For further analysis of our results of operations for fiscal years 2011, 2010, and 2009, and our financial position
as of May 31, 2011, refer to the tables and analysis in the “Results of Operations” and “Liquidity and Capital
Resources” sections of this Item 7 and the discussion in the “Critical Accounting Policies” section of this Item 7.
Outlook
Our outlook for fiscal 2012 is based upon current economic and interest rate conditions continuing with no
significant changes. Consistent with our policy regarding guidance, our projections do not anticipate or speculate on
future changes to interest rates. Our fiscal 2012 guidance reflects anticipated results for SurePayroll and ePlan. The
anticipated service revenue impact is approximately 2% and the earnings dilution is expected to be approximately
$0.01 per share, mainly due to amortization of acquired intangible assets. Our fiscal 2012 guidance is as follows:
Low High
Payroll service revenue. ......................................... 5% — 7%
Human Resource Services revenue ................................. 12% 15%
Total service revenue . . ......................................... 7% — 9%
Interest on funds held for clients ................................... (14)% — (12)%
Investment income, net. ......................................... — 2%
Net income .................................................. 5% — 7%
Operating income, net of certain items, as a percentage of service revenue is expected to range from 35% to
36% for fiscal 2012. The effective income tax rate is expected to approximate 35% for fiscal 2012.

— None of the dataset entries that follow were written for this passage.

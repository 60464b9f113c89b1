-- ===== src/Store/Sos/Storing.antt =====
-- store/sos.py: `store`, `alias` and `unalias` keep the caches and tables coherent.
use data_py_os.Base.{
  ◌≡◌, ◌≢◌, refl, sym, ap, ◌∙◌, ◌⊎◌, inl, inr, Bool, false, Option, none, some, [], arith,
  Option-cases, Bool-cases,
}
use data_py_os.Base.Eq.{◌==◌, text_eq, text_beq_iff, Text, chars}
use data_py_os.Base.Dict.{
  Dict, lookup, has, IsDict, insert-IsDict, erase-IsDict, lookup-insert, lookup-insert_self,
  lookup-insert_ne, lookup-erase,
}
use data_py_os.Store.Lru.Order.{entry}
use data_py_os.Store.Lru.Laws.{
  set-IsValid, entry-set_self, entry-set, entry-invalidate, invalidate-IsValid,
}
use data_py_os.Store.Sos.Types.{Bytes, Host, SObject, Alias, Sos, oid_of}
use data_py_os.Store.Sos.Objects.{
  Draft, build, add_row, put_object, get_parent, next_version, store,
}
use data_py_os.Store.Sos.Aliases.{alias, unalias}
use data_py_os.Store.Sos.Coherent.{Fits, Coherent, Reads, get-Reads}

module _ (oid : Text) (obj : SObject) (objects : Dict Text SObject) where
  -- a row that is there stays
  pub add_row_keeps :
      (i : Text) {r : SObject}
      → lookup i objects ≡ some r
      → lookup i (add_row oid obj objects) ≡ some r
  add_row_keeps i {r} e = elim (Bool-cases (has oid objects)) [
    | inl old ↦ rw old e
    | inr new ↦ rw new (ground (arith, lookup-insert i oid obj objects, text_beq_iff i oid, e, new))
  ]

  -- a row that is there after was there before, or is the new one
  pub add_row_back :
      (i : Text) (r : SObject)
      → lookup i (add_row oid obj objects) ≡ some r
      → (lookup i objects ≡ some r) ⊎ ((i ≡ oid) × (obj ≡ r))
  add_row_back i r e = elim (Bool-cases (has oid objects)) [
    | inl old ↦ inl (rw old at e)
    | inr new ↦
        let e' = sym (lookup-insert i oid obj objects) ∙ (rw new at e) in
        elim (Bool-cases (i == oid)) [
          | inl same ↦ inr ((text_beq_iff i oid).0 same, cc (rw same at e'))
          | inr other ↦ inl (rw other at e')
        ]
  ]

  -- the row that the OID has afterwards
  add_row_has :
      ((r : SObject) → lookup oid objects ≡ some r → r.content ≡ obj.content)
      → (r : SObject) × (lookup oid (add_row oid obj objects) ≡ some r) × (r.content ≡ obj.content)
  add_row_has agree = elim (Option-cases (lookup oid objects)) [
    | inl new ↦ (obj, rw new (lookup-insert_self oid obj objects), refl)
    | inr (r, old) ↦ (r, rw (old, old), agree r old)
  ]

  add_row-IsDict : IsDict objects → IsDict (add_row oid obj objects)
  add_row-IsDict u = elim (Bool-cases (has oid objects)) [
    | inl old ↦ rw old u
    | inr new ↦ rw new (insert-IsDict oid obj objects u)
  ]

module _ ⦃h : Host⦄ where
  -- No other content in the store has this OID.
  abbrev pub NoCollision : Bytes → Sos → Type 0
  NoCollision content s =
      (r : SObject) → lookup (oid_of content) s.objects ≡ some r → r.content ≡ content

  pub put_object-Coherent :
      (obj : SObject) (s : Sos)
      → Coherent s
      → Fits obj.oid obj
      → ((r : SObject) → lookup obj.oid s.objects ≡ some r → r.content ≡ obj.content)
      → Coherent (put_object obj s)
  unfolding put_object
  put_object-Coherent obj s k fits agree = record {
    obj_cache = set-IsValid obj.oid obj s.obj_cache k.obj_cache;
    path_cache = k.path_cache;
    rows = add_row-IsDict obj.oid obj s.objects k.rows;
    names = k.names;
    stored = λ i r e. elim (add_row_back obj.oid obj s.objects i r e) [
      | inl old ↦ k.stored i r old
      | inr (at, is) ↦ rw (at, ← is) fits
    ];
    backed = λ i o e. elim (entry-set i obj.oid obj s.obj_cache k.obj_cache e) [
      | inl (at, is) ↦
          let (r, found, same) = add_row_has obj.oid obj s.objects agree in
          record { fits = rw (at, ← is) fits; row = r; found = rw at found; same = rw (← is) same }
      | inr (_, old) ↦
          let b = k.backed i o old in
          record {
            fits = b.fits;
            row = b.row;
            found = add_row_keeps obj.oid obj s.objects i b.found;
            same = b.same;
          }
    ];
    cached = k.cached;
  }

  -- a row that is there after was there before, or is the object
  put_object_back :
      (obj : SObject) (s : Sos) (i : Text) (r : SObject)
      → lookup i (put_object obj s).objects ≡ some r
      → (lookup i s.objects ≡ some r) ⊎ ((i ≡ obj.oid) × (obj ≡ r))
  unfolding put_object
  put_object_back obj s i r e = add_row_back obj.oid obj s.objects i r e

  pub alias-Coherent :
      (path oid : Text) (dir : Bool) (s : Sos) → Coherent s → Coherent (alias path oid dir s)
  unfolding alias
  alias-Coherent path oid dir s k =
      let row : Alias = record { oid = oid; is_dir = dir } in
      record {
        obj_cache = k.obj_cache;
        path_cache = set-IsValid path oid s.path_cache k.path_cache;
        rows = k.rows;
        names = insert-IsDict path row s.aliases k.names;
        stored = k.stored;
        backed = k.backed;
        cached = λ p o e. elim (entry-set p path oid s.path_cache k.path_cache e) [
          | inl (at, is) ↦ rw (at, lookup-insert_self path row s.aliases, is)
          | inr (ne, old) ↦ rw (lookup-insert_ne p path row s.aliases ne) (k.cached p o old)
        ];
      }

  pub unalias-Coherent : (path : Text) (s : Sos) → Coherent s → Coherent (unalias path s)
  unfolding unalias
  unalias-Coherent path s k = record {
    obj_cache = k.obj_cache;
    path_cache = invalidate-IsValid path s.path_cache k.path_cache;
    rows = k.rows;
    names = erase-IsDict path s.aliases k.names;
    stored = k.stored;
    backed = k.backed;
    cached = λ p o e.
        let e' = sym (entry-invalidate p path s.path_cache k.path_cache) ∙ e in
        elim (Bool-cases (p == path)) [
          | inl same ↦ absurd (cc (rw same at e'))
          | inr other ↦
              rw (lookup-erase p path s.aliases k.names, other) (k.cached p o (rw other at e'))
        ];
  }

  -- What a `store` finds and leaves: the new object is cached under the OID of its content.
  pub record Stores (d : Draft) (s t : Sos) : Type 0 where
    pub coherent : Coherent t
    pub names : t.aliases ≡ s.aliases
    pub kept : (i : Text) (r : SObject) → lookup i s.objects ≡ some r → lookup i t.objects ≡ some r
    pub obj : SObject
    pub content : obj.content ≡ d.content
    pub parent : obj.parent_oid ≡ d.parent_oid
    pub cached : entry (oid_of d.content) t.obj_cache ≡ some obj
    pub row : SObject
    pub found : lookup (oid_of d.content) t.objects ≡ some row
    pub same : row.content ≡ d.content
    pub back :
        (i : Text) (r : SObject)
        → lookup i t.objects ≡ some r
        → (lookup i s.objects ≡ some r) ⊎ (r.content ≡ d.content)

  get_parent-Reads : (p : Option Text) (s : Sos) → Coherent s → Reads s (get_parent p s).1
  unfolding get_parent
  get_parent-Reads none s k = record {
    coherent = k;
    tables = record { objects = refl; aliases = refl; links = refl; tag_index = refl };
  }
  get_parent-Reads (some oid) s k = (get-Reads oid s k).1

  -- a draft that may be stored: only the empty content may be a directory
  abbrev pub Storable : Draft → Type 0
  Storable d = oid_of d.content ≢ oid_of [] → (d.kind == chars "dir") ≡ false

  pub store-Stores :
      (d : Draft) (s : Sos)
      → Coherent s
      → NoCollision d.content s
      → Storable d
      → Stores d s (store d s).1
  unfolding store
  store-Stores d s k free kind =
      let (parent, s') = get_parent d.parent_oid s in
      let r = get_parent-Reads d.parent_oid s k in
      let oid = oid_of d.content in
      let obj = build oid d (next_version parent) in
      let agree = λ (x : SObject) (e : lookup oid s'.objects ≡ some x).
        free x (ap (lookup oid) (sym r.tables.objects) ∙ e) in
      let fits : Fits oid obj = record { own = refl; hashed = refl; file = kind } in
      record {
        coherent = put_object-Coherent obj s' r.coherent fits agree;
        names = unfold put_object in r.tables.aliases;
        kept = λ i x e.
            unfold put_object in
            add_row_keeps oid obj s'.objects i (ap (lookup i) r.tables.objects ∙ e);
        obj = obj;
        content = refl;
        parent = refl;
        cached = unfold put_object in entry-set_self oid obj s'.obj_cache;
        row = (add_row_has oid obj s'.objects agree).0;
        found = unfold put_object in (add_row_has oid obj s'.objects agree).1;
        same = (add_row_has oid obj s'.objects agree).2;
        back = λ i x e. elim (put_object_back obj s' i x e) [
          | inl old ↦ inl (ap (lookup i) (sym r.tables.objects) ∙ old)
          | inr (at, is) ↦ inr (ap (λ (z : SObject). z.content) (sym is))
        ];
      }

Interest on funds held for clients and investment income for fiscal 2012 are expected to be impacted by the
continuing low-interest-rate environment. The average rate of return on our combined funds held for clients and
corporate investment portfolios is expected to be 1.2% for fiscal 2012. As of May 31, 2011, the long-term
investment portfolio had an average yield-to-maturity of 2.6% and an average duration of 2.4 years. In the next
twelve months, slightly more than 20% of this portfolio will mature, and it is currently anticipated that these
proceeds will be reinvested at a lower average interest rate of approximately 1.0%. Investment income is expected to
benefit from ongoing investment of cash generated from operations, though at a lower growth rate as a result of cash
outlays in fiscal 2011 for business acquisitions.
Under normal financial market conditions, the impact to our earnings from a 25-basis-point increase or
decrease in short-term interest rates would be in the range of $3.5 million to $4.0 million, after taxes, for a twelve-
month period. Such a basis point change may or may not be tied to changes in the Federal Funds rate.

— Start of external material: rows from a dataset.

-- ===== src/Store/Sos/Writing.antt =====
-- store/sos.py: `write` and the directories that it makes; what `read` returns afterwards.
use data_py_os.Base.{
  ℕ, ◌≡◌, ◌≢◌, refl, sym, ap, ◌∙◌, ◌⊎◌, inl, inr, Bool, true, Option, none, some, List, [], ◌∷◌,
  ◌++◌, if◌then◌else◌, Option-cases, Bool-cases, is_some,
}
use data_py_os.Base.Eq.{◌==◌, text_eq, text_beq_iff, Text}
use data_py_os.Base.Dict.{lookup, lookup-insert_self, lookup-insert_ne}
use data_py_os.Store.Paths.{slash, parts_of}
use data_py_os.Store.Sos.Types.{Bytes, Host, SObject, Sos, oid_of}
use data_py_os.Store.Sos.Objects.{Draft, store}
use data_py_os.Store.Sos.Aliases.{resolve, alias, exists}
use data_py_os.Store.Sos.Files.{
  object_at, get_at, is_dir, dir_draft, make_dir, make_dirs, mkdir, ensure_dir,
}
use data_py_os.Store.Sos.Coherent.{
  Coherent, Reads, SameTables, target, oid_in, resolve-Reads, get-Reads,
}
use data_py_os.Store.Sos.Storing.{Stores, store-Stores, alias-Coherent}

-- Every path and every object that is there stays.
pub record Extends (s t : Sos) : Type 0 where
  pub targets : (p o : Text) → target p s ≡ some o → target p t ≡ some o
  pub rows : (i : Text) (r : SObject) → lookup i s.objects ≡ some r → lookup i t.objects ≡ some r

pub Extends-refl : (s : Sos) → Extends s s
Extends-refl s = record { targets = λ p o e. e; rows = λ i r e. e }

pub Extends-trans : {s t u : Sos} → Extends s t → Extends t u → Extends s u
Extends-trans a b = record {
  targets = λ p o e. b.targets p o (a.targets p o e);
  rows = λ i r e. b.rows i r (a.rows i r e);
}

pub SameTables-Extends : {s t : Sos} → SameTables s t → Extends s t
SameTables-Extends same = record {
  targets = λ p o e. ap (λ d. oid_in (lookup p d)) same.aliases ∙ e;
  rows = λ i r e. ap (lookup i) same.objects ∙ e;
}

module _ ⦃h : Host⦄ where
  -- A coherent state that holds all that `s` held.
  pub record Grows (s t : Sos) : Type 0 where
    pub coherent : Coherent t
    pub extends : Extends s t
    pub fresh : (p : Text) → (target p t ≡ target p s) ⊎ (target p t ≡ some (oid_of []))
    pub back :
        (i : Text) (r : SObject)
        → lookup i t.objects ≡ some r
        → (lookup i s.objects ≡ some r) ⊎ (r.content ≡ [])

  pub Grows-refl : {s : Sos} → Coherent s → Grows s s
  Grows-refl {s} k = record {
    coherent = k;
    extends = Extends-refl s;
    fresh = λ p. inl refl;
    back = λ i r e. inl e;
  }

  Reads-Grows : {s t : Sos} → Reads s t → Grows s t
  Reads-Grows r = record {
    coherent = r.coherent;
    extends = SameTables-Extends r.tables;
    fresh = λ p. inl (ap (λ d. oid_in (lookup p d)) r.tables.aliases);
    back = λ i x e. inl (ap (lookup i) (sym r.tables.objects) ∙ e);
  }

  Grows-trans : {s t u : Sos} → Grows s t → Grows t u → Grows s u
  Grows-trans a b = record {
    coherent = b.coherent;
    extends = Extends-trans a.extends b.extends;
    fresh = λ p. elim (b.fresh p) [
      | inl same ↦ elim (a.fresh p) [ inl same' ↦ inl (same ∙ same') | inr dir ↦ inr (same ∙ dir) ]
      | inr dir ↦ inr dir
    ];
    back = λ i r e. elim (b.back i r e) [ inl old ↦ a.back i r old | inr bare ↦ inr bare ];
  }

  pub target-alias_self : (p o : Text) (dir : Bool) (s : Sos) → target p (alias p o dir s) ≡ some o
  unfolding alias
  target-alias_self p o dir s =
      ap oid_in (lookup-insert_self p (record { oid = o; is_dir = dir }) s.aliases)

  pub target-alias_ne :
      (p q o : Text) (dir : Bool) (s : Sos) → p ≢ q → target p (alias q o dir s) ≡ target p s
  unfolding alias
  target-alias_ne p q o dir s ne =
      ap oid_in (lookup-insert_ne p q (record { oid = o; is_dir = dir }) s.aliases ne)

  pub alias_objects : (p o : Text) (dir : Bool) (s : Sos) → (alias p o dir s).objects ≡ s.objects
  unfolding alias
  alias_objects p o dir s = refl

  alias-Grows :
      (p : Text) (s : Sos) → Coherent s → target p s ≡ none → Grows s (alias p (oid_of []) true s)
  alias-Grows p s k new = record {
    coherent = alias-Coherent p (oid_of []) true s k;
    extends = record {
      targets = λ q x e.
          target-alias_ne q p (oid_of []) true s (λ same. cc (ap (λ z. target z s) same, e, new))
          ∙ e;
      rows = λ i r e. unfold alias in e;
    };
    fresh = λ q. elim (Bool-cases (q == p)) [
      | inl same ↦
          let is = (text_beq_iff q p).0 same in
          inr (
            ap (λ z. target z (alias p (oid_of []) true s)) is
            ∙ target-alias_self p (oid_of []) true s)
      | inr other ↦
          inl (target-alias_ne q p (oid_of []) true s (λ e. cc (other, (text_beq_iff q p).1 e)))
    ];
    back = λ i r e. inl (ap (lookup i) (sym (alias_objects p (oid_of []) true s)) ∙ e);
  }

  Stores-Grows : (d : Draft) {s t : Sos} → d.content ≡ [] → Stores d s t → Grows s t
  Stores-Grows d bare st = record {
    coherent = st.coherent;
    extends = record {
      targets = λ p o e. ap (λ x. oid_in (lookup p x)) st.names ∙ e;
      rows = st.kept;
    };
    fresh = λ p. inl (ap (λ x. oid_in (lookup p x)) st.names);
    back = λ i r e. elim (st.back i r e) [ inl old ↦ inl old | inr is ↦ inr (is ∙ bare) ];
  }

  pub exists-Reads :
      (p : Text) (s : Sos)
      → Coherent s
      → ((exists p s).0 ≡ is_some (target p s)) × Reads s (exists p s).1
  unfolding exists
  exists-Reads p s k = let (answer, r) = resolve-Reads p s k in (ap is_some answer, r)

  -- Only the empty content has the OID of the empty content.
  abbrev pub EmptyAlone : Type 0
  EmptyAlone = (b : Bytes) → oid_of b ≡ oid_of [] → b ≡ []

  module _ (alone : EmptyAlone) (now : ℕ) where
    make_dir-Grows :
        (p : Text) (s : Sos) → Coherent s → target p s ≡ none → Grows s (make_dir now p s)
    unfolding make_dir store oid_of
    make_dir-Grows p s k new =
        let d = dir_draft now p in
        let free = λ (r : SObject) (e : lookup (oid_of []) s.objects ≡ some r).
          alone r.content (k.stored (oid_of []) r e).hashed in
        let st = store-Stores d s k free (λ ne. absurd (ne refl)) in
        Grows-trans (Stores-Grows d refl st)
          (alias-Grows p (store d s).1 st.coherent (ap (λ x. oid_in (lookup p x)) st.names ∙ new))

    -- one round of the loop of `mkdir`
    make_dirs_step :
        (p : Text) (s : Sos)
        → Coherent s
        → let (there, s') = exists p s in Grows s (if there then s' else make_dir now p s')
    make_dirs_step p s k =
        let (answer, r) = exists-Reads p s k in
        elim (Option-cases (target p s)) [
          | inr (o, e) ↦ rw (answer, e) (Reads-Grows r)
          | inl e ↦
              rw (answer, e)
                (Grows-trans (Reads-Grows r) (
                  make_dir-Grows p (exists p s).1 r.coherent
                    (ap (λ d. oid_in (lookup p d)) r.tables.aliases ∙ e)))
        ]

    make_dirs-Grows :
        (cur : Text) (ps : List Text) (s : Sos) → Coherent s → Grows s (make_dirs now cur ps s)
    unfolding make_dirs
    make_dirs-Grows cur [] s k = Grows-refl k
    make_dirs-Grows cur (p ∷ ps) s k =
        let cur' = cur ++ slash ∷ p in
        let step = make_dirs_step cur' s k in
        Grows-trans step (make_dirs-Grows cur' ps _ step.coherent)

  pub SameTables-refl : (s : Sos) → SameTables s s
  SameTables-refl s = record { objects = refl; aliases = refl; links = refl; tag_index = refl }

  pub SameTables-trans : {s t u : Sos} → SameTables s t → SameTables t u → SameTables s u
  SameTables-trans a b = record {
    objects = b.objects ∙ a.objects;
    aliases = b.aliases ∙ a.aliases;
    links = b.links ∙ a.links;
    tag_index = b.tag_index ∙ a.tag_index;
  }

  pub get_at-Reads : (o : Option Text) (s : Sos) → Coherent s → Reads s (get_at o s).1
  unfolding get_at
  get_at-Reads none s k = record { coherent = k; tables = SameTables-refl s }
  get_at-Reads (some oid) s k = (get-Reads oid s k).1

  pub object_at-Reads : (p : Text) (s : Sos) → Coherent s → Reads s (object_at p s).1
  unfolding object_at
  object_at-Reads p s k =
      let r = (resolve-Reads p s k).1 in
      let g = get_at-Reads (resolve p s).0 (resolve p s).1 r.coherent in
      record { coherent = g.coherent; tables = SameTables-trans r.tables g.tables }

  pub is_dir-Reads : (p : Text) (s : Sos) → Coherent s → Reads s (is_dir p s).1
  unfolding is_dir
  is_dir-Reads p s k = object_at-Reads p s k

  module _ (alone : EmptyAlone) (now : ℕ) where
    mkdir-Grows : (p : Text) (s : Sos) → Coherent s → Grows s (mkdir now p true s).1
    unfolding mkdir
    mkdir-Grows p s k =
        let (answer, r) = exists-Reads p s k in
        elim (Bool-cases (exists p s).0) [
          | inr new ↦ rw new (
              Grows-trans (Reads-Grows r)
                (make_dirs-Grows alone now [] (parts_of p) (exists p s).1 r.coherent))
          | inl there ↦
              let g =
                Grows-trans (Reads-Grows r)
                  (Reads-Grows (is_dir-Reads p (exists p s).1 r.coherent)) in
              elim (Bool-cases (is_dir p (exists p s).1).0) [
                | inl dir ↦ rw (there, dir) g
                | inr file ↦ rw (there, file) g
              ]
        ]

    pub ensure_dir-Grows : (p : Text) (s : Sos) → Coherent s → Grows s (ensure_dir now p s)
    unfolding ensure_dir
    ensure_dir-Grows p s k =
        let (answer, r) = exists-Reads p s k in
        elim (Bool-cases (exists p s).0) [
          | inl there ↦ rw there (Reads-Grows r)
          | inr new ↦ rw new (Grows-trans (Reads-Grows r) (mkdir-Grows p (exists p s).1 r.coherent))
        ]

Purchases of property and equipment for fiscal 2012 are expected to be in the range of $90 million to
$95 million. This includes costs for internally developed software as we continue to invest in our product
development. Fiscal 2012 depreciation expense is projected to be in the range of $75 million to $80 million, and we
project amortization of intangible assets for fiscal 2012 to be in the range of $20 million to $25 million. Intangible
assets acquired from SurePayroll and ePlan are expected to increase amortization expense for fiscal 2012, partially
offset by the impact of fully amortized intangibles.